The greatest emotion was seen at railway stations as men travelling to their regiments said goodbye to their mothers, fathers, wives and children. Station buffets now operated with self-service, a new phenomenon, as most waiters had been called up; there were also Red Cross workers doling out milk and dry bread to children, while Boy Scouts tried to help refugees with luggage. Although actual fighting still seemed distant to those in Paris, in reality there was nothing at all phoney about the next few months as far as Hitler and his generals were concerned; the Germans were training reservists and rushing equipment to the various fronts while the Nazi–Soviet Pact of August 1939, still being digested with horror by the Allies, as well as by many European communists, neutralized the possibility of Germany being attacked in the east.
Since 1933, when Hitler had come to power and introduced laws preventing Jews and others from leading normal lives, refugees from Germany, Austria and eastern Europe had been escaping in whatever way they could to find work or a home. Many trusted that in France at least, the first country in Europe to emancipate its Jewish population, they would find refuge. But alongside the longstanding revolutionary ideals and declarations of human rights which underpinned French philosophical thinking, the country had had a long history of anti-Semitism which had never entirely disappeared and which, from time to time, flared up angrily. The Dreyfus affair, which lasted approximately from 1894 to 1904, had left deep-rooted scars in France and, even though anti-Semitism subsided in the 1920s – partly because it was hard to accuse Jews of not being patriotic when so many had given their lives fighting for France in the First World War – it revived again in the 1930s. This time it was fuelled by the renewed influx of foreign Jews fleeing the Nazis, which came on top of the earlier wave of immigration of mostly poor Jews from the east escaping pogroms at the beginning of the century. In 1936 France had its first Jewish Prime Minister, Léon Blum, serving at the head of a Popular Front coalition. Blum introduced several important social reforms, including paid holidays for workers, and he was also (to an extent) a champion of women’s rights. But although three women served in his cabinet, women in France still did not have the vote, nor the right to have a bank account in their own name. Blum’s tenure in office was short-lived and he resigned in 1937, unable successfully to tackle the country’s economic problems. The anti-Semitic far right, not afraid to brandish the slogan ‘Better Hitler than Blum’, was now able to win over elements of mainstream conservatives and socialists not previously associated with anti-Semitism, denouncing the alleged Jewish influence which, they argued, was not only pushing France into a war against Germany, against the country’s best interests, but also allowing the country to become ‘the dump bin of Europe’.

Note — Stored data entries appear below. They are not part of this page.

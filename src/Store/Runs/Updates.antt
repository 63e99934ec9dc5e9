-- ===== src/Store/Runs/Updates.antt =====
-- What UpdateRun and the status changes built on it do to a run (internal/state/store.go).
use rascal.Prelude.{ℕ, ◌≡◌, ap, sym, subst, ◌∙◌, inl, inr, false, none, some, arith, Option-cases}
use rascal.Prelude.Table.{select_one, update_where}
use rascal.Text.{Text, trim_space}
use rascal.Status.{
  RunStatus, no_reason, is_final_run_status, normalize_run_status, parse_run_status,
  run_status_text, validate_run_status_transition,
}
use rascal.Status.Lifecycle.{Step, accepted-Step}
use rascal.Status.Parsing.{normalize-IsNamed, parse-text, parse-ReadAs}
use rascal.Store.Schema.{Run, RunRow, Db, Error}
use rascal.Store.Tx.{Result, ok, err, Faults}
use rascal.Store.Tx.Laws.{Result-cases, in_transaction-err, in_transaction-ok}
use rascal.Store.Sql.{
  has_id, from_db_run, write_run, update_run_row, set_task_last_run_row, set_task_pr_row,
}
use rascal.Store.Runs.{stamp, update_run_body, update_run_by, save_run}

-- What an update that succeeds has done.
abbrev pub Updated : ℕ → Text → (Run → Result Run) → Db → Db → Run → Type 0
Updated now id fn db db' r =
    (row : RunRow) × (changed : Run) × (select_one (has_id (trim_space id)) db.runs ≡ some row)
    × (fn (from_db_run row) ≡ ok changed)
    × (parse_run_status (run_status_text changed.status) ≡ some r.status)
    × (r ≡ stamp r.status now changed)
    × (validate_run_status_transition (from_db_run row).status r.status ≡ none)
    × (db'.runs ≡ update_where (has_id r.id) (write_run r) db.runs)
    × (db'.next_seq ≡ db.next_seq)

some_eq : {a b : RunStatus} → some a ≡ some b → a ≡ b
some_eq h = cc

module _ (faults : Faults) (now : ℕ) (id : Text) (fn : Run → Result Run) (db : Db) where
  -- An update that fails, in a check, in the callback or in any statement, changes nothing.
  pub update_error_unchanged :
      (e : Error)
      → (update_run_by faults now id fn db).1 ≡ err e
      → (update_run_by faults now id fn db).0 ≡ db
  unfolding update_run_by
  update_error_unchanged e h = in_transaction-err faults (update_run_body faults now id fn) db e h

  save_run-ok :
      (r r' : Run) (d d' : Db)
      → save_run faults now id r d ≡ ok (r', d')
      → (r' ≡ r)
        × (d'.runs ≡ update_where (has_id r.id) (write_run r) d.runs)
        × (d'.next_seq ≡ d.next_seq)
  unfolding save_run update_run_row set_task_last_run_row set_task_pr_row
  save_run-ok r r' d d' h = ground arith

  body-Updated :
      (r : Run) (db' : Db)
      → update_run_body faults now id fn db ≡ ok (r, db')
      → Updated now id fn db db' r
  unfolding update_run_body
  body-Updated r db' h = elim (Option-cases (select_one (has_id (trim_space id)) db.runs)) [
    | inl e ↦ absurd (ground arith)
    | inr (row, e) ↦ elim (Result-cases (fn (from_db_run row))) [
      | inr (_, f) ↦ absurd (ground arith)
      | inl (changed, f) ↦ elim (Option-cases (parse_run_status (run_status_text changed.status))) [
        | inl p ↦ absurd (ground arith)
        | inr (status, p) ↦
            elim (Option-cases (validate_run_status_transition (from_db_run row).status status)) [
              | inr (_, v) ↦ absurd (ground arith)
              | inl v ↦
                  let saved = save_run-ok (stamp status now changed) r db db' (ground arith) in
                  let same : r ≡ stamp status now changed = saved.0 in
                  let st : r.status ≡ status = ap (λ (x : Run). x.status) same in
                  (
                    row,
                    changed,
                    e,
                    f,
                    p ∙ ap some (sym st),
                    same ∙ ap (λ s. stamp s now changed) (sym st),
                    rw st v,
                    saved.1 ∙ ap (λ x. update_where (has_id x.id) (write_run x) db.runs) (sym same),
                    saved.2,
                  )
            ]
      ]
    ]
  ]

  -- An update that succeeds has written, over the rows with the identifier that the callback left,
  -- the run that the callback made of the stored one, with a permitted status.
  pub update_run_by-Updated :
      (r : Run) (db' : Db)
      → update_run_by faults now id fn db ≡ (db', ok r)
      → Updated now id fn db db' r
  unfolding update_run_by
  update_run_by-Updated r db' h =
      body-Updated r db' (in_transaction-ok faults (update_run_body faults now id fn) db db' r h)

  -- When UpdateRun succeeds, the status goes one step of the life of a run, whatever the callback does,
  -- and a reason is kept only by a final status.
  pub update_run_by-Step :
      (r : Run) (db' : Db)
      → update_run_by faults now id fn db ≡ (db', ok r)
      → (row : RunRow) × (select_one (has_id (trim_space id)) db.runs ≡ some row)
        × Step (normalize_run_status row.run.status) r.status
        × (is_final_run_status r.status ≡ false → r.status_reason ≡ no_reason)
  unfolding from_db_run
  update_run_by-Step r db' h =
      let (row, changed, e, f, p, same, v, _, _) = update_run_by-Updated r db' h in
      let named = normalize-IsNamed row.run.status in
      let (g, q, st) =
        accepted-Step (normalize_run_status row.run.status) r.status
          (normalize_run_status row.run.status) v
          (parse-text (normalize_run_status row.run.status) named) in
      let target = (parse-ReadAs (run_status_text changed.status) r.status p).0 in
      let eq : r.status ≡ g = some_eq (sym (parse-text r.status target) ∙ q) in
      (
        row,
        e,
        subst (Step (normalize_run_status row.run.status)) (sym eq) st,
        λ k. ap (λ (x : Run). x.status_reason) same ∙ rw k,
      )
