-- ===== src/Store/Claims/Exclusive.antt =====
-- At most one running run for each task, kept by the claiming statements.
use mathlib.Core.List.{Memᴰ}
use rascal.Prelude.{
  ℕ, ◌+◌, ◌≤◌, ◌≡◌, refl, ap, sym, ◌∙◌, inl, inr, Bool, true, false, not, ◌&&◌, List, [], ◌∷◌,
  arith, Bool-cases, if◌then◌else◌, subst,
}
use rascal.Prelude.Table.{exists_where, count_where, update_where}
use rascal.Prelude.Table.Laws.{
  exists_of_mem, mem_of_exists, update-none, count-none, exists-and, exists-update,
}
use rascal.Text.{Text, text_eq}
use rascal.Text.Laws.{text_eq→eq, text_eq_refl}
use rascal.Store.Schema.{RunRow}
use rascal.Store.Sql.{has_id, is_queued, is_running}
use rascal.Store.Claims.{free_beside, claimable, set_running, claim_row}

-- A running run of the task.
abbrev pub busy : Text → RunRow → Bool
busy t row = text_eq row.run.task_id t && is_running row.run.status

-- For each task the table has at most one running run.
abbrev pub IsExclusive : List RunRow → Type 0
IsExclusive rows = (t : Text) → count_where (busy t) rows ≤ 1

-- The identifiers of the rows differ (the UNIQUE constraint on `runs.id`).
abbrev pub UniqueIds : List RunRow → Type 0
UniqueIds [] = Unit {0}
UniqueIds (r ∷ rs) = (exists_where (has_id r.run.id) rs ≡ false) × UniqueIds rs

no_twin :
    (id : Text) (rows : List RunRow) (a : RunRow)
    → exists_where (has_id id) rows ≡ false
    → Memᴰ a rows
    → ¬ (a.run.id ≡ id)
no_twin id rows a h m e =
    let hit : has_id id a ≡ true = rw (← e) (text_eq_refl a.run.id) in
    let found : exists_where (has_id id) rows ≡ true = exists_of_mem (has_id id) m hit in cc

pub UniqueIds-mem :
    (rows : List RunRow) (a b : RunRow)
    → UniqueIds rows
    → Memᴰ a rows
    → Memᴰ b rows
    → a.run.id ≡ b.run.id
    → a ≡ b
UniqueIds-mem [] a b u m n e = elim m [ ]
UniqueIds-mem (r ∷ rows) a b u (Memᴰ.head p) (Memᴰ.head q) e = p ∙ sym q
UniqueIds-mem (r ∷ rows) a b u (Memᴰ.head p) (Memᴰ.tail n) e =
    absurd (no_twin r.run.id rows b u.0 n (sym e ∙ ap (λ (x : RunRow). x.run.id) p))
UniqueIds-mem (r ∷ rows) a b u (Memᴰ.tail m) (Memᴰ.head q) e =
    absurd (no_twin r.run.id rows a u.0 m (e ∙ ap (λ (x : RunRow). x.run.id) q))
UniqueIds-mem (r ∷ rows) a b u (Memᴰ.tail m) (Memᴰ.tail n) e = UniqueIds-mem rows a b u.1 m n e

-- An update that leaves the identifiers alone keeps them unique.
pub UniqueIds-update :
    (p : RunRow → Bool) (f : RunRow → RunRow) (rows : List RunRow)
    → ((r : RunRow) → (f r).run.id ≡ r.run.id)
    → UniqueIds rows
    → UniqueIds (update_where p f rows)
unfolding update_where
UniqueIds-update p f [] h u = tt
UniqueIds-update p f (r ∷ rows) h u = elim (Bool-cases (p r)) [
  | inl e ↦ rw (e, h r) (fresh, UniqueIds-update p f rows h u.1)
  | inr e ↦ rw e (fresh, UniqueIds-update p f rows h u.1)
]
  where
    fresh : exists_where (has_id r.run.id) (update_where p f rows) ≡ false
    fresh = exists-update p (has_id r.run.id) f rows (λ x. ap (λ i. text_eq i r.run.id) (h x)) ∙ u.0

module _ (g : RunRow → Bool) (id : Text) (now : ℕ) where
  abbrev picked : RunRow → Bool
  picked row = has_id id row && (is_queued row.run.status && g row)

  claim_count :
      (t : Text) (rows : List RunRow)
      → UniqueIds rows
      → count_where (busy t) (update_where picked (set_running now) rows)
        ≤ count_where (busy t) rows
          + (if exists_where (λ row. picked row && text_eq row.run.task_id t) rows then 1 else 0)
  unfolding count_where update_where exists_where
  claim_count t [] u = omega arith
  claim_count t (r ∷ rows) u = elim (Bool-cases (picked r)) [
    | inl e ↦ rw (e, update-none picked (set_running now) rows (alone e)) (ground arith)
    | inr e ↦ rw e (ground (arith, claim_count t rows u.1))
  ]
    where
      named : picked r ≡ true → r.run.id ≡ id
      named e = text_eq→eq r.run.id id (ground arith)

      alone : picked r ≡ true → exists_where picked rows ≡ false
      alone e =
          exists-and (has_id id) (λ row. is_queued row.run.status && g row) rows
            (subst (λ i. exists_where (has_id i) rows ≡ false) (named e) u.0)

same_task : (a b t : Text) → text_eq a t ≡ true → text_eq b t ≡ true → text_eq a b ≡ true
same_task a b t p q = rw (text_eq→eq a t p, text_eq→eq b t q) (text_eq_refl t)

-- Beside a row that may be claimed no other row of its task runs, and the row itself does not.
claimable_not_busy :
    (id t : Text) (rows : List RunRow) (r o : RunRow)
    → UniqueIds rows
    → Memᴰ r rows
    → Memᴰ o rows
    → claimable id rows r ≡ true
    → text_eq r.run.task_id t ≡ true
    → busy t o ≡ true
    → ⊥
claimable_not_busy id t rows r o u m n c k b = elim (Bool-cases (text_eq o.run.id r.run.id)) [
  | inl same ↦
      let e : o ≡ r = UniqueIds-mem rows o r u n m (text_eq→eq o.run.id r.run.id same) in
      let s : o.run.status ≡ r.run.status = ap (λ (x : RunRow). x.run.status) e in ground arith
  | inr apart ↦
      let near = same_task o.run.task_id r.run.task_id t (ground arith) k in
      let found = exists_of_mem (beside r) n (ground arith) in ground arith
]
  where
    beside : RunRow → RunRow → Bool
    beside row x =
        text_eq x.run.task_id row.run.task_id
        && is_running x.run.status
        && not (text_eq x.run.id row.run.id)

-- So the task of a row that may be claimed has no running run at all.
idle_task :
    (id t : Text) (rows : List RunRow)
    → UniqueIds rows
    → exists_where (λ row. claimable id rows row && text_eq row.run.task_id t) rows ≡ true
    → exists_where (busy t) rows ≡ false
idle_task id t rows u h = elim (Bool-cases (exists_where (busy t) rows)) [
  | inr e ↦ e
  | inl e ↦
      let (r, m, p) =
        mem_of_exists (λ row. claimable id rows row && text_eq row.run.task_id t) rows h in
      let (o, n, b) = mem_of_exists (busy t) rows e in
      absurd (claimable_not_busy id t rows r o u m n (ground arith) (ground arith) b)
]

-- The claiming UPDATE keeps at most one running run for each task.
pub claim_row-IsExclusive :
    (id : Text) (now : ℕ) (rows : List RunRow)
    → UniqueIds rows
    → IsExclusive rows
    → IsExclusive (claim_row id now rows)
unfolding claim_row
claim_row-IsExclusive id now rows u x t = elim (Bool-cases hit) [
  | inl e ↦ omega (arith, subst Bounded e bound, count-none (busy t) rows (idle_task id t rows u e))
  | inr e ↦ omega (arith, subst Bounded e bound, x t)
]
  where
    hit : Bool
    hit = exists_where (λ row. claimable id rows row && text_eq row.run.task_id t) rows

    Bounded : Bool → Type 0
    Bounded b =
        count_where (busy t) (update_where (claimable id rows) (set_running now) rows)
        ≤ count_where (busy t) rows + (if b then 1 else 0)

    bound : Bounded hit
    bound = claim_count (free_beside rows) id now t rows u

pub claim_row-UniqueIds :
    (id : Text) (now : ℕ) (rows : List RunRow) → UniqueIds rows → UniqueIds (claim_row id now rows)
unfolding claim_row
claim_row-UniqueIds id now rows u =
    UniqueIds-update (claimable id rows) (set_running now) rows (λ r. refl) u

At the beginning of the war the number of Jews in France was approximately 330,000 compared with 150,000 in the interwar period. In Paris alone the number had risen from some 75,000 before 1914 to 150,000 in the 1930s. This increase fed the latent anti-Semitism in France and helped stimulate the growth of a right-wing fascist press. In addition to the Catholic and royalist Action Fran?aise of Charles Maurras (who led a movement of the same name), the three main journals were the weekly Gringoire, edited by Horace de Carbuccia, Candide and Je suis partout, the latter being the most openly anti-Semitic of all. By the end of 1936 the circulation of Gringoire had risen dramatically from 640,000 at the beginning of the year to 965,000. In February 1939, Je suis partout, where Robert Brasillach was editor in chief from 1937 to 1943, devoted an entire issue to an attack on Jewish doctors and medical students in France.